- St. Mary's Cathedral, Jammu
- Location: Jammu Cantonment, Jammu and Kashmir, India
- Country: India
- Denomination: Roman Catholic

History
- Founded: 25 November 1989; 36 years ago
- Founder: Hippolytus Anthony Kunnunkal
- Dedication: Nativity of the Blessed Virgin Mary

Architecture
- Functional status: Active

Administration
- Archdiocese: Roman Catholic Archdiocese of Delhi
- Diocese: Roman Catholic Diocese of Jammu–Srinagar
- Parish: St. Mary's Parish

Clergy
- Archbishop: Anil Joseph Thomas Couto
- Bishop: Ivan Pereira
- Vicar: Fr. Jose Vadakkel

= St. Mary's Cathedral, Jammu =

The St. Mary's Cathedral, also called Garrison Church, is a Roman Catholic cathedral church located in Jammu, Jammu and Kashmir, India. The cathedral is the mother church of the Diocese of Jammu-Srinagar.
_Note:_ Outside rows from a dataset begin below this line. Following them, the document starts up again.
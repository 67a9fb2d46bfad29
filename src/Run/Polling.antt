-- ===== src/Run/Polling.antt =====
-- How long `wait_running` sleeps, and when it asks.
use mathlib.Core.List.{append-nil, append_assoc}
use conduit_client_python.Prelude.{
  ℕ, zero, suc, ◌+◌, ◌*◌, ◌≤◌, ◌<◌, ◌≡◌, refl, ◌∙◌, sym, ap, ◌⊎◌, inl, inr, Option, some, List, [],
  ◌∷◌, ◌++◌, arith,
}
use conduit_client_python.Errors.{Outcome}
use conduit_client_python.Wire.{get_pipeline}
use conduit_client_python.Client.{Engine, Event, called, slept, Run, World, call}
use conduit_client_python.Run.{RunStatus, Format, read_clock, pause, wait_running}
use conduit_client_python.Run.Ending.{
  asked, Rounds, begins, goes_round, Ended, reached, degraded, failed, timed_out, interrupted,
  wait_running-Result,
}
use conduit_client_python.Run.Wait.{IsClock, status-call, time-read_clock, time-status, time-pause}

module _ (E : Engine) (run : Run) (poll_interval : ℕ) where
  -- The question for the pipeline.
  abbrev pub question : Event
  question = called (get_pipeline run.pipeline_id) 5000

  -- Rounds that ask once, and then sleep once.
  unfoldable pub rounds_of : ℕ → List Event
  rounds_of zero = []
  rounds_of (suc n) = question ∷ slept poll_interval ∷ rounds_of n

  rounds_of-suc : (n : ℕ) → rounds_of n ++ question ∷ slept poll_interval ∷ [] ≡ rounds_of (suc n)
  unfolding rounds_of
  rounds_of-suc zero = refl
  rounds_of-suc (suc n) =
      ap (λ (l : List Event). question ∷ slept poll_interval ∷ l) (rounds_of-suc n)

  trace-asked : (w : World E.State) → (asked E run w).1.trace ≡ w.trace ++ question ∷ []
  unfolding call read_clock
  trace-asked w = ap (λ (v : World E.State). v.trace) (status-call E run 5000 (read_clock E w).1)

  trace-pause :
      (w : World E.State)
      → (pause E poll_interval (asked E run w).1).1.trace
        ≡ w.trace ++ question ∷ slept poll_interval ∷ []
  unfolding pause
  trace-pause w = rw (trace-asked w, append_assoc) refl

module _ (E : Engine) (time : E.State → ℕ) (clock : IsClock E time) (format : Format) (run : Run)
    (timeout poll_interval : ℕ) (positive : 0 < poll_interval) where
  abbrev W : Type 0
  W = World E.State

  -- Rounds from a world and a time to another world: what they have done, and how long they took.
  record Passed (from : ℕ) (first w : W) : Type 0 where
    n : ℕ
    trace : w.trace ≡ first.trace ++ rounds_of E run poll_interval n
    passed : from + n * poll_interval ≤ time w.engine
    below : n * poll_interval < timeout + poll_interval

  trace-round :
      (first w : W) (n : ℕ)
      → w.trace ≡ first.trace ++ rounds_of E run poll_interval n
      → (pause E poll_interval (asked E run w).1).1.trace
        ≡ first.trace ++ rounds_of E run poll_interval (suc n)
  trace-round first w n before =
      trace-pause E run poll_interval w
      ∙ rw (before, append_assoc)
          (ap (λ (l : List Event). first.trace ++ l) (rounds_of-suc E run poll_interval n))

  Rounds-Passed :
      (from : ℕ) (first : W) {last : Option RunStatus} {w : W}
      → from ≤ time first.engine
      → Rounds E format run timeout poll_interval (from + timeout) first last w
      → Passed from first w
  unfolding rounds_of
  Rounds-Passed from first later begins = record {
    n = 0;
    trace = sym (append-nil first.trace);
    passed = omega arith;
    below = omega arith;
  }
  Rounds-Passed from first later (goes_round {w = w} s before (early, answer) down fine whole) =
      let h = Rounds-Passed from first later before in
      let le = h.passed in
      let read = time-read_clock E time clock w in
      let answered = time-status E time clock run 5000 (read_clock E w).1 in
      let slept_on = time-pause E time clock poll_interval (asked E run w).1 whole in
      record {
        n = suc h.n;
        trace = trace-round first w h.n h.trace;
        passed = omega arith;
        below = omega arith;
      }

  -- What a wait has done: rounds that each ask once and then sleep once, and at most one question
  -- behind the last of them.
  pub record Within (start w : W) : Type 0 where
    pub n : ℕ
    pub rest : List Event
    pub at_most_once : (rest ≡ []) ⊎ (rest ≡ question E run poll_interval ∷ [])
    pub trace : w.trace ≡ start.trace ++ (rounds_of E run poll_interval n ++ rest)
    pub slept_lt : n * poll_interval < timeout + poll_interval

  rounds-Within :
      (start w : W) (n : ℕ)
      → w.trace ≡ start.trace ++ rounds_of E run poll_interval n
      → n * poll_interval < timeout + poll_interval
      → Within start w
  rounds-Within start w n done below = record {
    n = n;
    rest = [];
    at_most_once = inl refl;
    trace = done ∙ ap (λ (l : List Event). start.trace ++ l) (sym (append-nil _));
    slept_lt = below;
  }

  asked-Within :
      (start w : W) (n : ℕ)
      → w.trace ≡ start.trace ++ rounds_of E run poll_interval n
      → n * poll_interval < timeout + poll_interval
      → Within start (asked E run w).1
  asked-Within start w n done below = record {
    n = n;
    rest = question E run poll_interval ∷ [];
    at_most_once = inr refl;
    trace = trace-asked E run poll_interval w ∙ rw (done, append_assoc) refl;
    slept_lt = below;
  }

  Ended-Within :
      (from : ℕ) (start : W) {last : Option RunStatus} {w : W} {result : Outcome RunStatus × W}
      → Passed from start w
      → Ended E format run timeout poll_interval (from + timeout) last w result
      → Within start result.1
  unfolding read_clock
  Ended-Within from start {w = w} h (reached s answer up) = asked-Within start w h.n h.trace h.below
  Ended-Within from start {w = w} h (degraded s answer down bad) =
      asked-Within start w h.n h.trace h.below
  Ended-Within from start {w = w} h (failed x early e) = asked-Within start w h.n h.trace h.below
  Ended-Within from start {w = w} h (timed_out late) =
      rounds-Within start (read_clock E w).1 h.n h.trace h.below
  Ended-Within from start {w = w} h (interrupted s (early, answer) down fine cut) =
      let le = h.passed in
      let read = time-read_clock E time clock w in
      rounds-Within start (pause E poll_interval (asked E run w).1).1 (suc h.n)
        (trace-round start w h.n h.trace) (omega arith)

  -- On a clock that runs forward, with an interval above zero, and however the wait ends: what it has
  -- done is a number of rounds, each of which has asked for the pipeline once and then called `sleep`
  -- for the interval once, and behind them at most one more question; and the lengths of these sleeps
  -- are together less than the timeout and one interval.
  pub wait_running-Within :
      (fuel : ℕ) (start : W) (result : Outcome RunStatus × W)
      → wait_running E format run timeout poll_interval fuel start ≡ some result
      → Within start result.1
  unfolding read_clock
  wait_running-Within fuel start result h =
      let ends = wait_running-Result E format run timeout poll_interval fuel start result h in
      let read = time-read_clock E time clock start in
      let within =
        Ended-Within (read_clock E start).0 (read_clock E start).1
          (Rounds-Passed (read_clock E start).0 (read_clock E start).1 (omega arith) ends.rounds)
          ends.ended in
      record {
        n = within.n;
        rest = within.rest;
        at_most_once = within.at_most_once;
        trace = within.trace;
        slept_lt = within.slept_lt;
      }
It was founded in 1986 by Bishop Hippolytus Anthony Kunnunkal, following with the diocese's elevation by Pope John Paul II's apostolic constitution Qui Sanctissimi Numinis.

==History==

Pope John Paul II 1986 apostolic constitution, Qui Sanctissimi Numinis, established the Diocese of Jammu-Srinigar from the Apostolic Prefecture of Kafiristan and Kashmir in response to the church's noticeable expansion and growth in the region. The seat of this new diocese was transferred to St. Mary's Cathedral from the seat of the Prefecture, Holy Family Catholic Church, in the same year under the guidance of the first diocese's first bishop, Hippolytus.

The cathedral parish also includes three sites beyond St. Mary's Cathedral: St. Thomas Church, St. Joseph's Church, and St. John Mary Vianney.